Last July, I bemoaned the fact that there was no health IT component to the health care reform proposals then under consideration. In that iHealthBeat column, I urged Congress to go beyond the provisions of the American Recovery and Reinvestment Act of 2009 and HITECH to recognize that other health care providers, in addition to hospitals and doctors, could benefit from health care IT investments, specifically the long-term care (LTC) community.
Well, what do you know, sometimes you get what you wish for.
Health IT Funding for Long-Term Care Facilities
Remarkably, the Patient Protection and Affordable Care Act (PPACA), includes a grant program for long-term care facilities. That there is any such program is a victory worth celebrating. But before anyone starts popping corks, let's recognize that this is a pretty small victory worthy of a small celebration.
To Congress' credit, PPACA addresses a range of issues pertinent to assuring the availability of long-term care for older Americans and people with disabilities. Embedded in those provisions is a Certified EHR Technology Grant Program for LTC facilities. Under this program, the secretary of HHS is authorized to make grants to LTC facilities for the purpose of purchasing, leasing, developing and implementing certified electronic health record technology designed to improve patient safety and reduce adverse events and health care complications resulting from medication errors.
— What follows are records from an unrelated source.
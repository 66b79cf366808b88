-- ===== src/Workspace/Members.antt =====
-- Looking members up, and what a change of a role does to the roles of all.
use contractor_reviewer.Common.{
  String, true, ◌≡◌, sym, ap, ◌∙◌, ◌≢◌, inl, inr, arith, none, some, Option-cases,
}
use contractor_reviewer.Repository.{Repository}
use contractor_reviewer.Entities.{owner, WorkspaceMember, member_key}
use contractor_reviewer.Workspace.{
  Tables, Db, in_workspace, get_membership, get_user_role, is_owner?,
}
use text.Mathlib.TextEquality.{eq_iff}

module _ (N : Repository member_key) where
  -- The row is in the table.
  abbrev pub Has : N.Table → WorkspaceMember → Type 0
  Has t m = N.at t m.id ≡ some m

  -- No two rows for one user in one workspace: the table's unique constraint.
  abbrev pub IsUnique : N.Table → Type 0
  IsUnique t =
      (a b : WorkspaceMember)
      → Has t a
      → Has t b
      → a.workspace_id ≡ b.workspace_id
      → a.user_id ≡ b.user_id
      → a ≡ b

  pub find_one_Has :
      (t : N.Table) (ws user : String) (m : WorkspaceMember)
      → N.find_one (in_workspace ws user) t ≡ some m
      → Has t m × (m.workspace_id ≡ ws) × (m.user_id ≡ user)
  find_one_Has t ws user m e =
      let (h, p) = N.find_one_sound (in_workspace ws user) t m e in
      (h, ground (arith, eq_iff m.workspace_id ws), ground (arith, eq_iff m.user_id user))

  pub find_one_none :
      (t : N.Table) (ws user : String) (m : WorkspaceMember)
      → N.find_one (in_workspace ws user) t ≡ none
      → Has t m
      → m.workspace_id ≡ ws
      → m.user_id ≢ user
  find_one_none t ws user m e h w u = ground (
    arith,
    N.find_one_complete (in_workspace ws user) t m.id m e h,
    eq_iff m.workspace_id ws,
    eq_iff m.user_id user,
  )

  -- In a table with unique rows the row that `findOne` selects is determined.
  pub find_one_unique :
      (t : N.Table) (ws user : String) (m : WorkspaceMember)
      → IsUnique t
      → Has t m
      → m.workspace_id ≡ ws
      → m.user_id ≡ user
      → N.find_one (in_workspace ws user) t ≡ some m
  find_one_unique t ws user m unique h w u =
      elim (Option-cases (N.find_one (in_workspace ws user) t)) [
        | inl e ↦ absurd (find_one_none t ws user m e h w u)
        | inr (r, e) ↦
            let (hr, wr, ur) = find_one_Has t ws user r e in
            e ∙ ap some (unique r m hr h (wr ∙ sym w) (ur ∙ sym u))
      ]

  -- A row that is not the one written is in the table after the write exactly if it was before.
  pub Has-save_ne :
      (t : N.Table) (r m : WorkspaceMember) → r.id ≢ m.id → N.at (N.save r t) m.id ≡ N.at t m.id
  Has-save_ne t r m h = ground (arith, N.at-save r t m.id, eq_iff r.id m.id)

  pub Has-save_self : (t : N.Table) (r : WorkspaceMember) → Has (N.save r t) r
  Has-save_self t r = ground (arith, N.at-save r t r.id, eq_iff r.id r.id)

  pub Has-remove_ne :
      (t : N.Table) (r m : WorkspaceMember) → r.id ≢ m.id → N.at (N.remove r t) m.id ≡ N.at t m.id
  Has-remove_ne t r m h = ground (arith, N.at-remove r t m.id, eq_iff r.id m.id)

  pub Has-remove_self : (t : N.Table) (r m : WorkspaceMember) → r.id ≡ m.id → ¬ Has (N.remove r t) m
  Has-remove_self t r m h g = ground (arith, N.at-remove r t m.id, eq_iff r.id m.id)

  -- A row under the key of a written row is the written row.
  pub Has-save_eq : (t : N.Table) (r m : WorkspaceMember) → r.id ≡ m.id → Has (N.save r t) m → r ≡ m
  Has-save_eq t r m h g = ground (arith, N.at-save r t m.id, eq_iff r.id m.id)

  pub Has-ne_of_user :
      (t : N.Table) (a b : WorkspaceMember)
      → Has t a
      → Has t b
      → a.user_id ≢ b.user_id
      → a.id ≢ b.id
  Has-ne_of_user t a b ha hb h e = ground (arith, sym ha ∙ ap (N.at t) e ∙ hb)

  -- Two rows under one key are one.
  pub Has-eq : (t : N.Table) (a b : WorkspaceMember) → Has t a → Has t b → a.id ≡ b.id → a ≡ b
  Has-eq t a b ha hb e = ground (arith, sym ha ∙ ap (N.at t) e ∙ hb)

module _ (T : Tables) where
  pub get_membership-Has :
      (ws user : String) (db : Db T) (m : WorkspaceMember)
      → get_membership T ws user db ≡ some m
      → Has T.members db.members m × (m.workspace_id ≡ ws) × (m.user_id ≡ user)
  unfolding get_membership
  get_membership-Has ws user db m e = find_one_Has T.members db.members ws user m e

  -- A user whose role is OWNER has a row that says so.
  pub owner_row :
      (ws user : String) (db : Db T)
      → is_owner? (get_user_role T ws user db) ≡ true
      → (m : WorkspaceMember) × Has T.members db.members m
        × (m.workspace_id ≡ ws)
        × (m.user_id ≡ user)
        × (m.role ≡ owner)
  unfolding get_user_role
  owner_row ws user db h = elim (Option-cases (get_membership T ws user db)) [
    | inl e ↦ absurd (ground arith)
    | inr (m, e) ↦
        let (has, w, u) = get_membership-Has ws user db m e in (m, has, w, u, ground arith)
  ]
Grant funds can be used for a wide array of purposes including:
- Purchasing, leasing, and installing software and hardware, including handheld computer technologies;
- Improving existing software and hardware;
- Upgrading existing software and hardware to enable e-prescribing; and
- Training facility staff to use such technology.
Grant recipients are required to participate in health information exchanges. Importantly, PPACA also directs the HHS secretary to adopt transaction standards for LTC clinical data.
But, curiously given the time frames for other HIT program implementation, Congress gave the secretary 10 years -- TEN YEARS!! -- to have procedures in place to accept the electronic submission of clinical data by LTC facilities.
So, how much money did Congress allow for this important expansion of HIT into the long-term care community? NOT MUCH! PPACA authorizes $20,000,000 for the program in fiscal year 2011, $17,500,000 in FY 2012 and $15,000,000 per year in FY 2013 and 2014. (For those unschooled in the mystery language of federal spending, authorization for spending is not spending. As in this case, authorizing spending essentially allows the appropriations committees to actually permit the relevant agencies to commit funds and cut checks.)
Assuming the appropriators act on the authorization, HHS will have the grand sum of $67.5 million to fund HIT in LTC facilities. Of course, I'll take what I can get, but come on! Compared with the $30 billion for HIT "meaningful use" incentives for doctors and hospitals, this will hardly touch the need.
There are approximately 16,000 nursing homes in the country. If every nursing home received an equal share of the total available funds, each would get $4,200. That is not going to wire the LTC system.
Hopefully, HHS Secretary Kathleen Sebelius will use her discretion wisely to focus these limited dollars, get the states to chip in a fair share (the states bear roughly half the cost of LTC), engage the vendor community in developing LTC focused technologies (not just to deploy in facilities, but more importantly, to deploy in communities so as to avoid unnecessary institutionalization) and challenge the LTC providers to leverage the paltry federal funds PPACA authorized.
The Threat to HIT
To my friends in the HIT community -- PAY ATTENTION!
PPACA includes provisions which -- depending on the decision of the secretary of HHS -- could undermine economic support for health IT. Congress, for the first time, set standards for the proportion of each premium dollar that must be spent on medical care. In the insurance world, this proportion is inartfully referred to as the "medical loss ratio."
To address its concern that health plans have been spending too much on administrative costs and profits, Congress requires that health plans in the large group market have an MLR of no less than 85%. Those in the small group and individual markets must have an MLR of 80%. Medicare Advantage plans must also meet the 85% requirement.
Those that fail to meet these requirements will face a variety of serious penalties. Plans would have to rebate the excess administrative spending, commercial plans could be excluded from competing in state health insurance exchanges and MA plans could be barred from enrolling new members or even kicked out of the program.
Requiring plans to spend more of each premium dollar on medical services is pretty appealing. But, as with all policies relating to health care, the devil is in the details. In this case, there are activities, technologies and services that might not neatly fall into either the medical care bucket or the administrative expense bucket. Health care IT is one of those items (others include clinicians who never see a patient but are directly involved in care coordination, case management and the development of clinical protocols).
Depending on how Sebelius allocates clinical health IT, she will either create an incentive for health plans to invest in HIT or a disincentive. Plans will aggressively manage their administrative expenses to ensure they meet the MLR threshold. If clinical HIT is considered an administrative expense, the economic incentives will be to spend less in that area. If that happens, much of the momentum resulting from the Recovery Act and its HIT meaningful use incentive programs will be eroded.
I believe that Sebelius will make the right decision. Clearly, she understands how important HIT is to realizing a data-driven health care system. But it would not hurt for those in the HIT community to let HHS know their views on this subject.